The term \"rally\", as a branch of motorsport, dates from the first Monte Carlo Rally of January 1911. Until the late 1920s, few if any other events used the term. But rallying itself can be traced back to the 1894 Paris-Rouen Horseless Carriage Competition (Concours des Voitures sans Chevaux), sponsored by a Paris newspaper, which attracted considerable public interest and entries from leading manufacturers. Prizes were awarded to the vehicles by a jury based on the reports of the observers who rode in each car; the joint winners were Panhard et Levassor and Peugeot, two companies still in business today.

This event led directly to a period of city to city road races in France and other European countries, which introduced many of the features found in later rallies: individual start times with cars running against the clock rather than head to head; time controls at the entry and exit points of towns along the way; road books and route notes; and driving over long distances on ordinary, mainly gravel, roads, facing hazards such as dust, traffic, pedestrians and farm animals.

The first of these great races was the Paris-Bordeaux-Paris of June 1895, won by Emile Levassor in a Panhard-et-Levassor. His time for the 1,178 km (732 mile) course, running virtually without a break, was 48 hours and 48 minutes, an average speed of 24 km/h (15 mph). Just eight years later, in the Paris-Madrid race of May 1903, the Mors of Fernand Gabriel, running over the same roads, took just under five and a quarter hours for the 550 km (342 miles) to Bordeaux, an average of 105 km/h (65.3 mph). Speeds had now far outstripped the safe limits of dusty highways thronged with spectators and open to other traffic, people and animals; there were numerous crashes, many injuries and eight deaths. The French government stopped the race and banned this style of event. From now on, racing in Europe (apart from Italy) would be on closed circuits, initially on long loops of public highway and then, in 1907, on the first purpose-built track, England's Brooklands. Racing was going its own separate way.
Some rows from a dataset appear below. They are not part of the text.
-- ===== src/Sockets/Manager/View/Closing.antt =====
-- src/lib/sockimpl.h, Socket::close_socket: the view of a manager once a socket is taken out.
use etwork.Common.{
  ℕ, ◌<◌, true, false, none, some, List, [], ◌∷◌, ◌≡◌, ◌≢◌, refl, sym, ◌∙◌, ap, subst, inl, inr,
  arith, ltb, ◌==◌, Bool-cases, ==_iff,
}
use etwork.Common.Map.{find, erase}
use etwork.Common.Map.Order.{find-erase_same, find-erase_other, erase-IsSorted}
use etwork.Sockets.Manager.{mem, erase_waiting, invalid_socket}
use etwork.Sockets.Manager.View.{
  View, IsConsistent, Once, set, set_same, set_other, same_or_other, none≢some, some_inj,
  false≢true, mem_head, mem_tail,
}

erase_waiting_other :
    (p x : ℕ) (rest : List ℕ) → x ≢ p → erase_waiting p (x ∷ rest) ≡ x ∷ erase_waiting p rest
unfolding erase_waiting
erase_waiting_other p x rest n = elim (Bool-cases (x == p)) [
  | inl e ↦ absurd (n ((==_iff x p).0 e))
  | inr e ↦ rw e refl
]

erase_waiting_head : (p : ℕ) (rest : List ℕ) → erase_waiting p (p ∷ rest) ≡ rest
unfolding erase_waiting
erase_waiting_head p rest = let e : (p == p) ≡ true = ground arith in rw e refl

-- Only p leaves accepted_.
mem-erase_other : (q p : ℕ) (xs : List ℕ) → q ≢ p → mem q (erase_waiting p xs) ≡ mem q xs
unfolding erase_waiting
mem-erase_other q p [] n = refl
mem-erase_other q p (x ∷ rest) n = elim (same_or_other x p) [
  | inl e ↦
      subst (λ y. mem q (erase_waiting p (y ∷ rest)) ≡ mem q (y ∷ rest)) (sym e)
        (ap (mem q) (erase_waiting_head p rest) ∙ sym (mem_tail q p rest n))
  | inr d ↦ ap (mem q) (erase_waiting_other p x rest d) ∙ elim (same_or_other q x) [
    | inl e ↦
        subst (λ y. mem q (y ∷ erase_waiting p rest) ≡ mem q (y ∷ rest)) e
          (mem_head q (erase_waiting p rest) ∙ sym (mem_head q rest))
    | inr f ↦
        mem_tail q x (erase_waiting p rest) f
        ∙ mem-erase_other q p rest n
        ∙ sym (mem_tail q x rest f)
  ]
]

mem-erase_same : (p : ℕ) (xs : List ℕ) → Once xs → mem p (erase_waiting p xs) ≡ false
unfolding erase_waiting mem
mem-erase_same p [] o = refl
mem-erase_same p (x ∷ rest) (a, o) = elim (same_or_other x p) [
  | inl e ↦
      subst (λ y. mem y rest ≡ false → mem p (erase_waiting p (y ∷ rest)) ≡ false) (sym e)
        (λ b. ap (mem p) (erase_waiting_head p rest) ∙ b) a
  | inr d ↦
      ap (mem p) (erase_waiting_other p x rest d)
      ∙ mem_tail p x (erase_waiting p rest) (λ e. d (sym e))
      ∙ mem-erase_same p rest o
]

erase-Once : (p : ℕ) (xs : List ℕ) → Once xs → Once (erase_waiting p xs)
unfolding erase_waiting
erase-Once p [] o = tt
erase-Once p (x ∷ rest) (a, o) = elim (same_or_other x p) [
  | inl e ↦
      subst (λ y. Once (erase_waiting p (y ∷ rest))) (sym e)
        (subst Once (sym (erase_waiting_head p rest)) o)
  | inr d ↦
      subst Once (sym (erase_waiting_other p x rest d))
        (mem-erase_other x p rest d ∙ a, erase-Once p rest o)
]

-- remove_socket where the map has the handle.
abbrev pub closed_found : ℕ → View → View
closed_found p v = record v {
  sockets = erase ltb (v.handle p) v.sockets;
  addrs = erase ltb (v.addr p) v.addrs;
  handle = set v.handle p invalid_socket;
  closed = set v.closed p true;
}

-- remove_socket where the socket still waits.
abbrev pub closed_waiting : ℕ → View → View
closed_waiting p v = record v {
  waiting = erase_waiting p v.waiting;
  addrs = erase ltb (v.addr p) v.addrs;
  handle = set v.handle p invalid_socket;
  closed = set v.closed p true;
}

module _ (v : View) (p : ℕ) (c : IsConsistent v) where
  -- What is left of socketAddrs_ leads to sockets other than p.
  left_addressed :
      (a q : ℕ)
      → find ltb a (erase ltb (v.addr p) v.addrs) ≡ some q
      → (q < v.allocated) × (v.addr q ≡ a) × (set v.closed p true q ≡ false)
  left_addressed a q e = elim (same_or_other a (v.addr p)) [
    | inl s ↦ absurd (
        none≢some (
          sym (find-erase_same (v.addr p) v.addrs c.addrs_sorted)
          ∙ subst (λ x. find ltb x (erase ltb (v.addr p) v.addrs) ≡ some q) s e))
    | inr n ↦
        let (lt, at, o) =
          c.addressed a q (sym (find-erase_other a (v.addr p) v.addrs c.addrs_sorted n) ∙ e) in
        let d : q ≢ p = λ s. n (sym at ∙ ap v.addr s) in (lt, at, set_other v.closed p true q d ∙ o)
  ]

  open_other : (q : ℕ) → set v.closed p true q ≡ false → (q ≢ p) × (v.closed q ≡ false)
  open_other q o = elim (same_or_other q p) [
    | inl e ↦ absurd (
        false≢true
          (sym (subst (λ x. set v.closed p true x ≡ false) e o) ∙ set_same v.closed p true))
    | inr n ↦ (n, sym (set_other v.closed p true q n) ∙ o)
  ]

  pub closed_found-IsConsistent :
      p < v.allocated → find ltb (v.handle p) v.sockets ≡ some p → IsConsistent (closed_found p v)
  closed_found-IsConsistent h found = record {
    sockets_sorted = erase-IsSorted (v.handle p) v.sockets c.sockets_sorted;
    addrs_sorted = erase-IsSorted (v.addr p) v.addrs c.addrs_sorted;
    registered = λ s q e. elim (same_or_other s (v.handle p)) [
      | inl i ↦ absurd (
          none≢some (
            sym (find-erase_same (v.handle p) v.sockets c.sockets_sorted)
            ∙ subst (λ x. find ltb x (erase ltb (v.handle p) v.sockets) ≡ some q) i e))
      | inr n ↦
          let (lt, at, o) =
            c.registered s q
              (sym (find-erase_other s (v.handle p) v.sockets c.sockets_sorted n) ∙ e) in
          let d : q ≢ p = λ i. n (sym at ∙ ap v.handle i) in
          (lt, set_other v.handle p invalid_socket q d ∙ at, set_other v.closed p true q d ∙ o)
    ];
    addressed = left_addressed;
    queued = λ q w.
        let (lt, o, u) = c.queued q w in
        let d : q ≢ p = not_queued q u in
        let n : v.handle q ≢ v.handle p =
          λ i. none≢some (sym u ∙ ap (λ x. find ltb x v.sockets) i ∙ found) in
        (
          lt,
          set_other v.closed p true q d ∙ o,
          ap (λ x. find ltb x (erase ltb (v.handle p) v.sockets))
                (set_other v.handle p invalid_socket q d)
              ∙ find-erase_other (v.handle q) (v.handle p) v.sockets c.sockets_sorted n
              ∙ u,
        );
    apart = λ q r w x i.
        let d : q ≢ p = not_queued q (c.queued q w).2 in
        let d' : r ≢ p = not_queued r (c.queued r x).2 in
        c.apart q r w x (
          sym (set_other v.handle p invalid_socket q d)
          ∙ i
          ∙ set_other v.handle p invalid_socket r d');
    once = c.once;
    below = λ u q w.
        let d : q ≢ p = not_queued q (c.queued q w).2 in
        subst (λ x. x < v.next) (sym (set_other v.handle p invalid_socket q d)) (c.below u q w);
    held = λ q lt o.
        let (n, o') = open_other q o in
        elim (c.held q lt o') [
          | inl f ↦
              let m : v.handle q ≢ v.handle p =
                λ i. n (some_inj (sym f ∙ ap (λ x. find ltb x v.sockets) i ∙ found)) in
              inl (
                ap (λ x. find ltb x (erase ltb (v.handle p) v.sockets))
                  (set_other v.handle p invalid_socket q n)
                ∙ find-erase_other (v.handle q) (v.handle p) v.sockets c.sockets_sorted m
                ∙ f)
          | inr w ↦ inr w
        ];
  }
    where
      not_queued : (q : ℕ) → find ltb (v.handle q) v.sockets ≡ none → q ≢ p
      not_queued q u i = none≢some (sym u ∙ ap (λ x. find ltb (v.handle x) v.sockets) i ∙ found)

  pub closed_waiting-IsConsistent : mem p v.waiting ≡ true → IsConsistent (closed_waiting p v)
  closed_waiting-IsConsistent waits = record {
    sockets_sorted = c.sockets_sorted;
    addrs_sorted = erase-IsSorted (v.addr p) v.addrs c.addrs_sorted;
    registered = λ s q e.
        let (lt, at, o) = c.registered s q e in
        let d : q ≢ p = λ i. none≢some (
          sym (c.queued p waits).2
          ∙ ap (λ x. find ltb (v.handle x) v.sockets) (sym i)
          ∙ ap (λ x. find ltb x v.sockets) at
          ∙ e) in
        (lt, set_other v.handle p invalid_socket q d ∙ at, set_other v.closed p true q d ∙ o);
    addressed = left_addressed;
    queued = λ q w.
        let (d, w') = still q w in
        let (lt, o, u) = c.queued q w' in
        (
          lt,
          set_other v.closed p true q d ∙ o,
          ap (λ x. find ltb x v.sockets) (set_other v.handle p invalid_socket q d) ∙ u,
        );
    apart = λ q r w x i.
        let (d, w') = still q w in
        let (d', x') = still r x in
        c.apart q r w' x' (
          sym (set_other v.handle p invalid_socket q d)
          ∙ i
          ∙ set_other v.handle p invalid_socket r d');
    once = erase-Once p v.waiting c.once;
    below = λ u q w.
        let (d, w') = still q w in
        subst (λ x. x < v.next) (sym (set_other v.handle p invalid_socket q d)) (c.below u q w');
    held = λ q lt o.
        let (n, o') = open_other q o in
        elim (c.held q lt o') [
          | inl f ↦
              inl (ap (λ x. find ltb x v.sockets) (set_other v.handle p invalid_socket q n) ∙ f)
          | inr w ↦ inr (mem-erase_other q p v.waiting n ∙ w)
        ];
  }
    where
      still :
          (q : ℕ) → mem q (erase_waiting p v.waiting) ≡ true → (q ≢ p) × (mem q v.waiting ≡ true)
      still q w = elim (same_or_other q p) [
        | inl e ↦ absurd (
            false≢true (
              sym (mem-erase_same p v.waiting c.once)
              ∙ subst (λ x. mem x (erase_waiting p v.waiting) ≡ true) e w))
        | inr n ↦ (n, sym (mem-erase_other q p v.waiting n) ∙ w)
      ]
Italy had been running road events since 1895, when a reliability trial was run from Turin to Asti and back. The country's first true motor race was held in 1897 along the shore of Lake Maggiore, from Arona to Stresa and back. This led to a long and thriving tradition of road racing, including events like Sicily's Targa Florio (from 1906) and Giro di Sicilia (1912), which went right round the island, both of which continued on and off until after World War 2. The first Alpine event was held in 1898, the Austrian Touring Club's three-day Automobile Run through South Tyrol, which included the infamous Stelvio Pass.